Industrial and Cybersecurity systems have clearly became a very important area of AI applications recently. From the engineering perspective they produce a large amount of data that can only be analyzed by AI methods.
Explainable Artificial Intelligence (XAI) aims to make models more transparent by uncovering the why behind their predictions. While explainability methods are well-studied for tabular and image data, time series explanations remain a significant open challenge. Temporal dependencies, non-stationarity, and concept drift make it difficult to represent and communicate model reasoning to domain experts.

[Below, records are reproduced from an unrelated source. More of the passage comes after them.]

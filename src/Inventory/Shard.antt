-- ===== src/Inventory/Shard.antt =====
-- internal/inventory/shard.go, PlanShards: the shards partition the sorted entries.
use stageset_controller.Prelude.{
  ℕ, zero, suc, ◌≤◌, ◌≡◌, refl, sym, ap, subst, ◌⊎◌, inl, inr, some, List, [], ◌∷◌, ◌++◌, arith,
  length, All, pos, sort_by, sort_by-perm,
}
use mathlib.Core.List.{Perm}
use mathlib.Core.List.Perm
use stageset_controller.Inventory.{
  ObjectRef, id_less, take, drop, shards_from, shards_of, plan_shards,
}

abbrev pub concat : List (List ObjectRef) → List ObjectRef
concat [] = []
concat (xs ∷ xss) = xs ++ concat xss

take-drop : (n : ℕ) (xs : List ObjectRef) → take n xs ++ drop n xs ≡ xs
take-drop zero xs = refl
take-drop (suc n) [] = refl
take-drop (suc n) (x ∷ xs) = ap (λ l. x ∷ l) (take-drop n xs)

length-take : (n : ℕ) (xs : List ObjectRef) → length (take n xs) ≤ n
length-take zero xs = omega arith
length-take (suc n) [] = omega arith
length-take (suc n) (x ∷ xs) = omega (arith, length-take n xs)

length-drop : (n : ℕ) (x : ObjectRef) (xs : List ObjectRef) → length (drop n xs) ≤ length xs
length-drop zero x xs = omega arith
length-drop (suc n) x [] = omega arith
length-drop (suc n) x (y ∷ xs) = omega (arith, length-drop n x xs)

-- A shard holds at least one entry and at most the capacity.
abbrev pub Fits : ℕ → List ObjectRef → Type 0
Fits capacity shard = (1 ≤ length shard) × (length shard ≤ capacity)

module _ (n : ℕ) where
  shards_from-concat :
      (fuel : ℕ) (xs : List ObjectRef)
      → length xs ≤ fuel
      → concat (shards_from fuel (suc n) xs) ≡ xs
  unfolding shards_from
  shards_from-concat fuel [] h = refl
  shards_from-concat zero (x ∷ xs) h = ground (arith, h)
  shards_from-concat (suc fuel) (x ∷ xs) h =
      rw (shards_from-concat fuel (drop n xs) (omega (arith, h, length-drop n x xs)))
        (take-drop (suc n) (x ∷ xs))

  shards_from-Fits :
      (fuel : ℕ) (xs : List ObjectRef) → All (Fits (suc n)) (shards_from fuel (suc n) xs)
  unfolding shards_from
  shards_from-Fits fuel [] = tt
  shards_from-Fits zero (x ∷ xs) = tt
  shards_from-Fits (suc fuel) (x ∷ xs) =
      ((omega arith, omega (arith, length-take n xs)), shards_from-Fits fuel (drop n xs))

  shards_of-concat : (xs : List ObjectRef) → concat (shards_of (suc n) xs) ≡ xs
  unfolding shards_of
  shards_of-concat [] = refl
  shards_of-concat (x ∷ xs) = shards_from-concat (length (x ∷ xs)) (x ∷ xs) (omega arith)

  shards_of-Fits :
      (xs : List ObjectRef)
      → All (Fits (suc n)) (shards_of (suc n) xs) ⊎ ((shards_of (suc n) xs ≡ [] ∷ []) × (xs ≡ []))
  unfolding shards_of
  shards_of-Fits [] = inr (refl, refl)
  shards_of-Fits (x ∷ xs) = inl (shards_from-Fits (length (x ∷ xs)) (x ∷ xs))

sort_by-empty : (entries : List ObjectRef) → sort_by id_less entries ≡ [] → entries ≡ []
sort_by-empty entries e =
    sym (Perm.nil-eq (subst (λ l. Perm l entries) e (sort_by-perm id_less entries)))

-- With a positive capacity, the shards are the sorted entries cut in order; each holds between one entry
-- and the capacity, unless there is no entry, when one empty shard remains.
pub plan_shards-partitions :
    (entries : List ObjectRef) (n : ℕ)
    → (shards : List (List ObjectRef)) × (plan_shards entries (pos (suc n)) ≡ some shards)
      × (concat shards ≡ sort_by id_less entries)
      × (All (Fits (suc n)) shards ⊎ ((shards ≡ [] ∷ []) × (entries ≡ [])))
unfolding plan_shards
plan_shards-partitions entries n =
    let sorted = sort_by id_less entries in
    (
      shards_of (suc n) sorted,
      refl,
      shards_of-concat n sorted,
      elim (shards_of-Fits n sorted) [
        | inl f ↦ inl f
        | inr (e, s) ↦ inr (e, sort_by-empty entries s)
      ],
    )
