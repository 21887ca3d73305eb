-- ===== src/Inventory/Tests.antt =====
-- internal/inventory/plan.go and shard.go on two stages, of which one is gone from the spec.
use stageset_controller.Prelude.{
  ℕ, String, ◌≡◌, refl, ◌⊎◌, not, ◌&&◌, some, List, [], ◌∷◌, All, pos, ok, err, insert_by, sort_by,
}
use stageset_controller.Inventory.{
  ObjectRef, ref_id, StageRecord, id_less, claimed, filter_refs, desired_entries, plan_stage,
  plan_stages, compute_plan, shards_from, shards_of, plan_shards,
}
use stageset_controller.Inventory.Id.{
  split_id, malformed_parts, empty_name, empty_kind, of_parts, parse_id, parse_id-ref_id,
}
use stageset_controller.Inventory.Plan.{deletes, plan_deletes_exactly_unclaimed}
use stageset_controller.Inventory.Shard.{concat, Fits, plan_shards-partitions}

abbrev object : String → ObjectRef
object name = record {
  group = "apps";
  kind = "Deployment";
  namespace = "shop";
  name = name;
  version = "v1";
}

abbrev stage : String → ℕ → List ObjectRef → StageRecord
stage name position entries = record { name = name; position = position; entries = entries }

abbrev recorded : List StageRecord
recorded =
    stage "db" 0 (object "pg" ∷ object "old" ∷ [])
    ∷ stage "web" 1 (object "site" ∷ object "cache" ∷ [])
    ∷ []

abbrev desired : List StageRecord
desired = stage "db" 0 (object "pg" ∷ object "cache" ∷ []) ∷ []

program : Unit {0}
unfolding ref_id filter_refs desired_entries plan_stage plan_stages compute_plan shards_from
    shards_of plan_shards sort_by insert_by
program = tt

moved_object_stays : compute_plan recorded desired ≡ record {
  prune_per_stage = ("db", object "old" ∷ []) ∷ [];
  removed_stages = stage "web" 1 (object "site" ∷ []) ∷ [];
}
unfolding program
moved_object_stays = refl

plan_deletes_exactly_unclaimed_example :
    deletes (compute_plan recorded desired) (ref_id (object "cache")) ≡ (
      claimed recorded (ref_id (object "cache")) && not (claimed desired (ref_id (object "cache"))))
plan_deletes_exactly_unclaimed_example =
    plan_deletes_exactly_unclaimed recorded desired (ref_id (object "cache"))

plan_shards-partitions_example :
    let entries = object "b" ∷ object "c" ∷ object "a" ∷ [] in
    (shards : List (List ObjectRef)) × (plan_shards entries (pos 2) ≡ some shards)
    × (concat shards ≡ sort_by id_less entries)
    × (All (Fits 2) shards ⊎ ((shards ≡ [] ∷ []) × (entries ≡ [])))
plan_shards-partitions_example =
    plan_shards-partitions (object "b" ∷ object "c" ∷ object "a" ∷ []) 1

ids : Unit {0}
unfolding ref_id split_id of_parts parse_id
ids = tt

malformed_ids :
    (parse_id "shop_site_apps" "v1" ≡ err (malformed_parts 3))
    × (parse_id "shop__apps_Deployment" "v1" ≡ err empty_name)
    × (parse_id "_site__" "v1" ≡ err empty_kind)
unfolding ids
malformed_ids = (refl, refl, refl)

parse_id-ref_id_example : parse_id "shop_site_apps_Deployment" "v1" ≡ ok (object "site")
unfolding ids
parse_id-ref_id_example = parse_id-ref_id (object "site") refl refl refl refl refl refl
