-- ===== src/Sched/Exit.antt =====
-- `notify_parent`, `do_exit` and `sys_wait` of kernel/task_exit.cpp, with what `task_free` of
-- kernel/task.cpp does to the lists of the tasks. The rest of `task_free`, which gives back memory and
-- files, is in Tasks/Free; here a Boolean says whether that rest returns or fails one of its ASSERTs (Tasks/Freed).
-- `do_exit` stands for the code before its call of `schedule`, and `sys_wait` is cut at its call of
-- `schedule`.
use makarna_x.Base.{ℕ, Bool, without, true, false, not, Option, none, some, ◌==◌, if◌then◌else◌}
use makarna_x.Sched.State.{
  interruptible, zombie, zombies, is_negative, Sched, put_task, ◌>>=◌, ◌>>◌, assert, push_back,
  or_same, erase,
}
use makarna_x.Sched.Queues.{remove_from_runnable_list}
use makarna_x.Sched.Signal.{send_signal, sigchld}

-- The tasks, with the fields `parent`, `exit_code`, `exit_signal`, `time_end` and
-- `wait_notify_next` of each.
pub record Family : Type 0 where
  pub sched : Sched
  pub parent : ℕ → Option ℕ
  pub exit_code : ℕ → ℕ
  pub exit_signal : ℕ → ℕ
  pub time_end : ℕ → ℕ
  pub notify_next : ℕ → Option ℕ

-- The task is put at the head of the parent's list of ended children.
abbrev pub link_child : Family → ℕ → ℕ → Family
link_child f p t = record f {
  notify_next =
      λ u. if p == u then some t else (if t == u then f.notify_next p else f.notify_next u);
}

-- `notify_parent` after the signal has been sent.
abbrev pub tell : Family → ℕ → ℕ → Sched → Family
tell f p t q =
    if (q.tasks p).waiting_child
    then link_child (record f { sched = q }) p t
    else record f { sched = q }

unfoldable pub notify_parent : Family → ℕ → Option Family
notify_parent f t = elim (f.parent t) [
  | none ↦ none
  | some p ↦ do
    assert (not (p == t))
    (r, q) ← send_signal f.sched (f.exit_signal t) p
    assert (not (is_negative r))
    some (tell f p t q)
]

-- The running task as a zombie.
unfoldable pub become_zombie : Sched → Option Sched
become_zombie s = do
  s1 ← remove_from_runnable_list s s.curr
  let s2 = put_task s1 s.curr (record (s1.tasks s.curr) { state = zombie })
  some (or_same s2 (push_back s2 zombies s.curr))

-- t->list_node.__list->erase(...), where the list may not be NULL.
abbrev pub leave_list : ℕ → Sched → Option Sched
leave_list t q = elim (q.tasks t).on [ none ↦ none | some l ↦ erase q l t ]

-- The task as a zombie, and off the list of alarms.
abbrev pub bury : ℕ → Sched → Sched
bury t q =
    let v =
      or_same (put_task q t (record (q.tasks t) { state = zombie }))
        (push_back (put_task q t (record (q.tasks t) { state = zombie })) zombies t) in
    if (v.tasks t).on_alarm
    then record (put_task v t (record (v.tasks t) { on_alarm = false })) {
      alarms = without t v.alarms;
    }
    else v

-- The exit code, the signal and the time of the task that ends.
abbrev pub with_code : Family → Sched → ℕ → Family
with_code f q code = record f {
  sched = q;
  time_end = λ u. if f.sched.curr == u then q.jiffies else f.time_end u;
  exit_code = λ u. if f.sched.curr == u then code else f.exit_code u;
  exit_signal = λ u.
      if f.sched.curr == u
      then (if f.exit_signal u == 0 then sigchld else f.exit_signal u)
      else f.exit_signal u;
}

-- `freed`: `task_free` returns from giving back memory and files.
unfoldable pub do_exit : Family → Bool → ℕ → Option Family
do_exit f freed code = do
  assert (not ((f.sched.tasks f.sched.curr).id == 1))
  q ← become_zombie f.sched
  assert freed
  q1 ← leave_list f.sched.curr q
  notify_parent (with_code f (bury f.sched.curr q1) code) f.sched.curr

-- `sys_wait` of a task that has a child, up to its call of `schedule`.
unfoldable pub wait_start : Sched → Option Sched
wait_start s = do
  s1 ← remove_from_runnable_list s s.curr
  some (
      put_task s1 s.curr (record (s1.tasks s.curr) { state = interruptible; waiting_child = true }))

-- `sys_wait` from there on: the exit code and the id of the child, and the state.
unfoldable pub wait_end : Family → Option ((ℕ × ℕ) × Family)
wait_end f = elim (f.notify_next f.sched.curr) [
  | none ↦ none
  | some t ↦ some (
    (f.exit_code t, (f.sched.tasks t).id),
    record f {
      sched =
          put_task f.sched f.sched.curr
            (record (f.sched.tasks f.sched.curr) { waiting_child = false });
      notify_next = λ u. if f.sched.curr == u then f.notify_next t else f.notify_next u;
    },
  )
]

This project will explore explainable learning and reasoning for time series data, with several possible research directions depending on the student’s interests and available datasets: - Characterising domain-specific dynamics: analysing how time series from different domains (e.g., industrial processes vs. cybersecurity traffic) differ in variability, drifts, or anomaly structure. - Representation learning for interpretability: studying prototypes, motifs, or symbolic rules that capture meaningful temporal patterns. - Counterfactual explanations: developing or adapting methods (e.g., genetic algorithms, motif transformations, gradient perturbations) to generate realistic “what-if” scenarios for time series. - Explainable anomaly detection: integrating interpretability into models that identify abnormal or critical events over time. - Concept drift and model evolution: explaining how and why model behavior changes as time series distributions shift.
The work will be done in connection with the KEEPER project using data from our industrial partners such as Volvo, HMS, Toyota, etc. [[1]]. The project may use as well public data such as Numenta Anomaly Benchmark or UCR/UEA archive.
It is encouraged that this thesis will result in scientific publications possibly also developed in collaboration with external stakeholders.